AI Alliance launches MERA Industrial: a new standard for evaluating industry LLMs to solve business problems
The Alliance for AI has announced the launch of a new section of MERA, “MERA Industrial,” a unique benchmark for evaluating specialized large language models (LLMs) across industries. Medical and agricultural benchmarks are already available on the platform to help companies and experts select and implement LLMs that best fit their business objectives.
There are currently three challenges posted on the site, two of which are for agriculture:
AgroBench: a dataset designed to measure the model's professional knowledge acquired during the agronomy pre-apprenticeship. 2935 original agronomy questions covering botany, forage and grassland production, reclamation agriculture, general genetics, general farming, basics of breeding, plant breeding, seed production and seed science, farming systems in different agro-landscapes, and crop technology.

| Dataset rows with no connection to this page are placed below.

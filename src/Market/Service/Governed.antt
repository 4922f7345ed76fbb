-- ===== src/Market/Service/Governed.antt =====
-- Which markets can be activated: the operations of marketBackend/src/services/marketService.ts in
-- any order.
use omen_backend.Base.{
  throw, external, ℕ, ◌≡◌, ◌∙◌, sym, subst, bind-ok, bind-err, refl, Bool, true, false, not, Option,
  none, some, insert, is_some, arith, Action, Done, ok, err, pure, throw_if, ◌>>=◌, ◌>>◌, app,
  market_not_found, market_not_approved, forbidden,
}
use omen_backend.Base.Keeps.{Keeps, keeps_rules, Keeps-throw, Keeps-throw_if}
use omen_backend.Market.Types.{
  MarketStatus, draft, pending_approval, approved, rejected, activating, active, paused, archived,
  Market, activation_started,
}
use omen_backend.Market.Store.{
  MarketState, CreateMarketInput, change_market, update_market_status, find_market,
  publish_market_event, add_deployment,
}
use omen_backend.Market.Service.{
  MarketAction, Decision, approve, reject, is_approved_status, get_market, deployment_of,
  start_activation, activate_market, assert_authorization, decide, process_approval_decision,
  register_as, register_market, pause_market, archive_market,
}
use omen_backend.Market.Service.Calls.{
  needs_approval, IsGoverned, AreGoverned, row-IsGoverned, insert-governed, Keeps-event, Keeps-job,
  Keeps-asset, Keeps-create, Keeps-status, Keeps-approve, Keeps-reject, Keeps-get, Keeps-request,
}

activated_row : ℕ → Market → MarketState → MarketState
activated_row id m s = record s { markets = insert id (record m { status = activating }) s.markets }

status-found :
    (id : ℕ) (s : MarketState) {m : Market}
    → s.markets id ≡ some m
    → update_market_status id activating s
      ≡ (ok (record m { status = activating }), activated_row id m s)
unfolding update_market_status change_market activated_row
status-found id s e = ground arith

get-found :
    (id : ℕ) (s : MarketState) {m : Market} → s.markets id ≡ some m → get_market id s ≡ (ok m, s)
unfolding get_market find_market
get-found id s e = ground arith

get-missing :
    (id : ℕ) (s : MarketState)
    → s.markets id ≡ none
    → get_market id s ≡ (err (app 404 market_not_found), s)
unfolding get_market find_market
get-missing id s e = ground arith

-- A market that is found approved goes on its way.
activating-governed :
    (id : ℕ) (s : MarketState) {m : Market}
    → AreGoverned s
    → s.markets id ≡ some m
    → is_approved_status m.status ≡ true
    → AreGoverned (activated_row id m s)
unfolding activated_row
activating-governed id s {m} g e a =
    insert-governed s id (record m { status = activating }) g
      (has_approver m.status refl (row-IsGoverned s id g e))
  where
    has_approver :
        (status : MarketStatus) → m.status ≡ status → IsGoverned m → is_some m.approved_by ≡ true
    has_approver approved e h = rw e at h
    has_approver draft e h = absurd (cc (rw e at a))
    has_approver pending_approval e h = absurd (cc (rw e at a))
    has_approver rejected e h = absurd (cc (rw e at a))
    has_approver activating e h = absurd (cc (rw e at a))
    has_approver active e h = absurd (cc (rw e at a))
    has_approver paused e h = absurd (cc (rw e at a))
    has_approver archived e h = absurd (cc (rw e at a))

Keeps-rest :
    (id admin : ℕ) (m updated : Market)
    → Keeps AreGoverned (
        publish_market_event id activation_started admin
        >> (add_deployment (deployment_of m admin) >> pure updated))
Keeps-rest id admin m updated = search (keeps_rules, Keeps-event, Keeps-job)

module _ (id admin : ℕ) (m : Market) (s : MarketState) (g : AreGoverned s)
    (e : s.markets id ≡ some m) where
  after_change : Market → Action MarketState Market
  after_change updated =
      publish_market_event id activation_started admin
      >> (add_deployment (deployment_of m admin) >> pure updated)

  start-governed :
      (b : Bool) → is_approved_status m.status ≡ b → AreGoverned (start_activation id admin m s).1
  unfolding start_activation after_change
  start-governed false a =
      subst (λ x. AreGoverned x.1)
        (sym (
          bind-err (throw_if (not (is_approved_status m.status)) (app 400 market_not_approved))
            (λ _. update_market_status id activating >>= after_change) s
            {e = app 400 market_not_approved} {s' = s} (ground arith)))
        g
  start-governed true a =
      subst (λ x. AreGoverned x.1)
        (sym (
          bind-ok (throw_if (not (is_approved_status m.status)) (app 400 market_not_approved))
            (λ _. update_market_status id activating >>= after_change) s {a = tt} {s' = s}
            (ground arith)
          ∙ bind-ok (update_market_status id activating) after_change s (status-found id s e)))
        ((Keeps-rest id admin m (record m { status = activating })).at (activated_row id m s)
          (activating-governed id s g e a))

activate-governed :
    (id admin : ℕ) (s : MarketState) → AreGoverned s → AreGoverned (activate_market id admin s).1
unfolding activate_market
activate-governed id admin s g = by_row (s.markets id) refl
  where
    by_row : (row : Option Market) → s.markets id ≡ row → AreGoverned (activate_market id admin s).1
    by_row none e =
        subst (λ x. AreGoverned x.1)
          (sym (bind-err (get_market id) (start_activation id admin) s (get-missing id s e))) g
    by_row (some m) e =
        subst (λ x. AreGoverned x.1)
          (sym (bind-ok (get_market id) (start_activation id admin) s (get-found id s e)))
          (start-governed id admin m s g e (is_approved_status m.status) refl)

Keeps-activate : (id admin : ℕ) → Keeps AreGoverned (activate_market id admin)
Keeps-activate id admin = record { at = activate-governed id admin }

Keeps-paused : (id : ℕ) → Keeps AreGoverned (update_market_status id paused)
Keeps-paused id = Keeps-status id paused refl

Keeps-archived : (id : ℕ) → Keeps AreGoverned (update_market_status id archived)
Keeps-archived id = Keeps-status id archived refl

module _ (authorize : (admin entity : ℕ) → MarketAction → Option Bool) where
  Keeps-authorize :
      (admin entity : ℕ) (action : MarketAction)
      → Keeps AreGoverned (assert_authorization authorize admin entity action)
  unfolding assert_authorization
  Keeps-authorize admin entity action = by_reply (authorize admin entity action)
    where
      by_reply :
          (r : Option Bool)
          → Keeps AreGoverned (elim r as (λ _. Action MarketState Done) [
            | none ↦ throw external
            | some allowed ↦ throw_if (not allowed) (app 403 forbidden)
          ])
      by_reply none = Keeps-throw external
      by_reply (some b) = Keeps-throw_if (not b) (app 403 forbidden)

  Keeps-decide :
      (id : ℕ) (d : Decision) (reason : Option ℕ) (admin : ℕ)
      → Keeps AreGoverned (decide authorize id d reason admin)
  unfolding decide
  Keeps-decide id approve reason admin =
      search (keeps_rules, Keeps-approve, Keeps-event, Keeps-activate)
  Keeps-decide id reject reason admin = search (keeps_rules, Keeps-reject, Keeps-event)

  Keeps-decision :
      (id : ℕ) (d : Decision) (reason : Option ℕ) (entity admin : ℕ)
      → Keeps AreGoverned (process_approval_decision authorize id d reason entity admin)
  unfolding process_approval_decision
  Keeps-decision id d reason entity admin =
      search (keeps_rules, Keeps-get, Keeps-authorize, Keeps-decide)

  Keeps-register :
      (input : CreateMarketInput) (entity admin : ℕ)
      → Keeps AreGoverned (register_market authorize input entity admin)
  unfolding register_market register_as
  Keeps-register input entity admin =
      search (keeps_rules, Keeps-authorize, Keeps-create, Keeps-asset, Keeps-event, Keeps-request)
        depth 10

  Keeps-pause : (id entity admin : ℕ) → Keeps AreGoverned (pause_market authorize id entity admin)
  unfolding pause_market
  Keeps-pause id entity admin = search (keeps_rules, Keeps-authorize, Keeps-paused, Keeps-event)

  Keeps-archive :
      (id entity admin : ℕ) → Keeps AreGoverned (archive_market authorize id entity admin)
  unfolding archive_market
  Keeps-archive id entity admin = search (keeps_rules, Keeps-authorize, Keeps-archived, Keeps-event)

  -- The calls of the service, whether they return or throw.
  pub data MarketStep : MarketState → MarketState → Type 0 where
    register :
        (input : CreateMarketInput) (entity admin : ℕ) (s : MarketState)
        → MarketStep s (register_market authorize input entity admin s).1
    decision :
        (id : ℕ) (d : Decision) (reason : Option ℕ) (entity admin : ℕ) (s : MarketState)
        → MarketStep s (process_approval_decision authorize id d reason entity admin s).1
    activate : (id admin : ℕ) (s : MarketState) → MarketStep s (activate_market id admin s).1
    pause :
        (id entity admin : ℕ) (s : MarketState)
        → MarketStep s (pause_market authorize id entity admin s).1
    archive :
        (id entity admin : ℕ) (s : MarketState)
        → MarketStep s (archive_market authorize id entity admin s).1

  pub data MarketReach (s : MarketState) : MarketState → Type 0 where
    here : MarketReach s s
    next : {s' s'' : MarketState} → MarketReach s s' → MarketStep s' s'' → MarketReach s s''

  step-governed : {s s' : MarketState} → MarketStep s s' → AreGoverned s → AreGoverned s'
  step-governed (register input entity admin s) g = (Keeps-register input entity admin).at s g
  step-governed (decision id d reason entity admin s) g =
      (Keeps-decision id d reason entity admin).at s g
  step-governed (activate id admin s) g = activate-governed id admin s g
  step-governed (pause id entity admin s) g = (Keeps-pause id entity admin).at s g
  step-governed (archive id entity admin s) g = (Keeps-archive id entity admin).at s g

  reach-governed : {s s' : MarketState} → AreGoverned s → MarketReach s s' → AreGoverned s'
  reach-governed g here = g
  reach-governed g (next r step) = step-governed step (reach-governed g r)

  -- In every state that the calls of the market service, whether they return or throw, reach in
  -- any order from one whose markets are so, a market that is approved, activating or active has
  -- an approver.
  pub MarketReach-approved :
      {s s' : MarketState} (id : ℕ) {m : Market}
      → AreGoverned s
      → MarketReach s s'
      → s'.markets id ≡ some m
      → needs_approval m.status ≡ true
      → is_some m.approved_by ≡ true
  MarketReach-approved {s'} id {m} g r e h =
      let k = row-IsGoverned s' id (reach-governed g r) e in ground arith
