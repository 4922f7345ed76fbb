-- ===== src/Statistics.antt =====
-- The statistics of a trading pair: a part of marketBackend/src/services/marketDataService.ts.
pub mod Service
pub mod Ranges
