-- ===== src/Statistics/Service.antt =====
-- `updateMarketStatsForTrade`, `getMarketStats` and `getCurrentPrice` of
-- marketBackend/src/services/marketDataService.ts, with the queries on `market_stats` and `trades` of
-- marketBackend/src/infra/database/repositories/tradingRepository.ts. A trade has here what the
-- statistics read of it.
use omen_backend.Base.{
  ℕ, zero, suc, ◌+◌, ◌*◌, ◌/◌, ◌^◌, Bool, true, ◌||◌, Option, none, some, List, [], ◌∷◌, ℤ, pos,
  ◌*ℤ◌, sub_ℕ, quot, pos_part, neg_part, leb, ltb, ◌==◌, if◌then◌else◌, select, take, length, Table,
  insert, Action, Done, ok, err, pure, gets, modify, numeric_overflow, ◌>>=◌, ◌>>◌,
}

pub record TimedTrade : Type 0 where
  pub trading_pair_id : ℕ
  pub price : ℕ
  pub quantity : ℕ
  -- In milliseconds.
  pub executed_at : ℕ

-- The change in percent is counted in hundredths of a percent.
pub record MarketStats : Type 0 where
  pub trading_pair_id : ℕ
  pub last_price : Option ℕ
  pub price_change_24h : Option ℤ
  pub price_change_percent_24h : Option ℤ
  pub high_24h : Option ℕ
  pub low_24h : Option ℕ
  pub volume_24h : Option ℕ
  pub quote_volume_24h : Option ℕ
  pub trades_count_24h : ℕ

pub record StatsState : Type 0 where
  -- The newest first.
  pub trades : List TimedTrade
  pub stats : Table MarketStats
  -- The keys `market:<pair>:price` and `market:<pair>:stats`.
  pub price_cache : Table ℕ
  pub stats_cache : Table MarketStats
  pub now : ℕ

unfoldable pub get_trades_by_pair : ℕ → (limit : ℕ) → Action StatsState (List TimedTrade)
get_trades_by_pair pair limit =
    gets λ s. take limit (select (λ (t : TimedTrade). t.trading_pair_id == pair) s.trades)

unfoldable pub find_market_stats : ℕ → Action StatsState (Option MarketStats)
find_market_stats pair = gets λ s. s.stats pair

-- The column NUMERIC(10, 4) holds a number below 10 ^ 6.
abbrev pub is_numeric_10_4 : Option ℤ → Bool
is_numeric_10_4 none = true
is_numeric_10_4 (some z) = ltb (pos_part z + neg_part z) 1000000

unfoldable pub upsert_market_stats : MarketStats → Action StatsState MarketStats
upsert_market_stats new s =
    if is_numeric_10_4 new.price_change_percent_24h
    then (ok new, record s { stats = insert new.trading_pair_id new s.stats })
    else (err numeric_overflow, s)

unfoldable pub cache_market_stats : MarketStats → Action StatsState Done
cache_market_stats new =
    modify λ s. record s { stats_cache = insert new.trading_pair_id new s.stats_cache }

unfoldable pub cache_price : ℕ → ℕ → Action StatsState Done
cache_price pair price = modify λ s. record s { price_cache = insert pair price s.price_cache }

-- The bodies of the four calls of `reduce`.
abbrev pub add_quantity : ℕ → List TimedTrade → ℕ
add_quantity sum [] = sum
add_quantity sum (t ∷ ts) = add_quantity (sum + t.quantity) ts

abbrev pub add_quote : ℕ → List TimedTrade → ℕ
add_quote sum [] = sum
add_quote sum (t ∷ ts) = add_quote (sum + (t.quantity * t.price) / 10 ^ 18) ts

abbrev pub higher : ℕ → ℕ → ℕ
higher max p = if ltb max p then p else max

abbrev pub lower : ℕ → ℕ → ℕ
lower min p = if (min == 0) || ltb p min then p else min

unfoldable pub highest : ℕ → List TimedTrade → ℕ
highest max [] = max
highest max (t ∷ ts) = highest (higher max t.price) ts

unfoldable pub lowest : ℕ → List TimedTrade → ℕ
lowest min [] = min
lowest min (t ∷ ts) = lowest (lower min t.price) ts

abbrev pub price_of : (MarketStats → Option ℕ) → Option MarketStats → ℕ
price_of column none = 0
price_of column (some row) = elim (column row) [ none ↦ 0 | some p ↦ p ]

abbrev pub last_of : Option MarketStats → Option ℕ
last_of none = none
last_of (some row) = row.last_price

abbrev pub price_change : ℕ → Option ℕ → ℤ
price_change price none = pos 0
price_change price (some last) = sub_ℕ price last

abbrev pub percent_change : ℕ → Option ℕ → ℤ
percent_change price none = pos 0
percent_change price (some zero) = pos 0
percent_change price (some (suc last)) =
    quot (price_change price (some (suc last)) *ℤ pos 10000) (suc last)

-- `executedAt >= now - 24 hours`.
abbrev pub is_recent : ℕ → TimedTrade → Bool
is_recent now t = leb now (t.executed_at + 24 * 60 * 60 * 1000)

abbrev pub new_stats : TimedTrade → Option MarketStats → List TimedTrade → MarketStats
new_stats trade current recent = record {
  trading_pair_id = trade.trading_pair_id;
  last_price = some trade.price;
  price_change_24h = some (price_change trade.price (last_of current));
  price_change_percent_24h = some (percent_change trade.price (last_of current));
  high_24h = some (highest (price_of (λ r. r.high_24h) current) recent);
  low_24h = some (lowest (price_of (λ r. r.low_24h) current) recent);
  volume_24h = some (add_quantity 0 recent);
  quote_volume_24h = some (add_quote 0 recent);
  trades_count_24h = length recent;
}

unfoldable pub update_market_stats_for_trade : TimedTrade → Action StatsState Done
update_market_stats_for_trade trade = do
  current ← find_market_stats trade.trading_pair_id
  now ← gets (λ s. s.now)
  trades ← get_trades_by_pair trade.trading_pair_id 10000
  updated ← upsert_market_stats (new_stats trade current (select (is_recent now) trades))
  cache_market_stats updated
  cache_price trade.trading_pair_id trade.price

unfoldable pub get_market_stats : ℕ → Action StatsState (Option MarketStats)
get_market_stats pair = do
  cached ← gets (λ s. s.stats_cache pair)
  elim cached [
    | some row ↦ pure (some row)
    | none ↦ do
      found ← find_market_stats pair
      elim found [ none ↦ pure none | some row ↦ cache_market_stats row >> pure (some row) ]
  ]

unfoldable pub get_current_price : ℕ → Action StatsState (Option ℕ)
get_current_price pair = do
  cached ← gets (λ s. s.price_cache pair)
  elim cached [
    | some price ↦ pure (some price)
    | none ↦ do
      found ← find_market_stats pair
      elim (last_of found) [
        | none ↦ pure none
        | some price ↦ cache_price pair price >> pure (some price)
      ]
  ]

AquaBench: a dataset designed to measure the model's professional knowledge acquired during aquaculture pre-study. 1102 aquaculture assignments including industrial aquaculture, fish and hydrobiont feeding, mariculture (e.g. crayfish farming, shrimp farming, pearl farming), and ichthyopathology (veterinary medicine, prevention and optimization of fish farming technologies).
Datasets are completely original and compiled in Russian.
One task on medicine, which covers 17 fundamental disciplines - from cell biology to clinical practices (surgery, therapy, laboratory diagnostics, pharmacology). The test includes 270 questions and 30 practice problems for each discipline, allowing the LLM to approach the level of a medical school graduate.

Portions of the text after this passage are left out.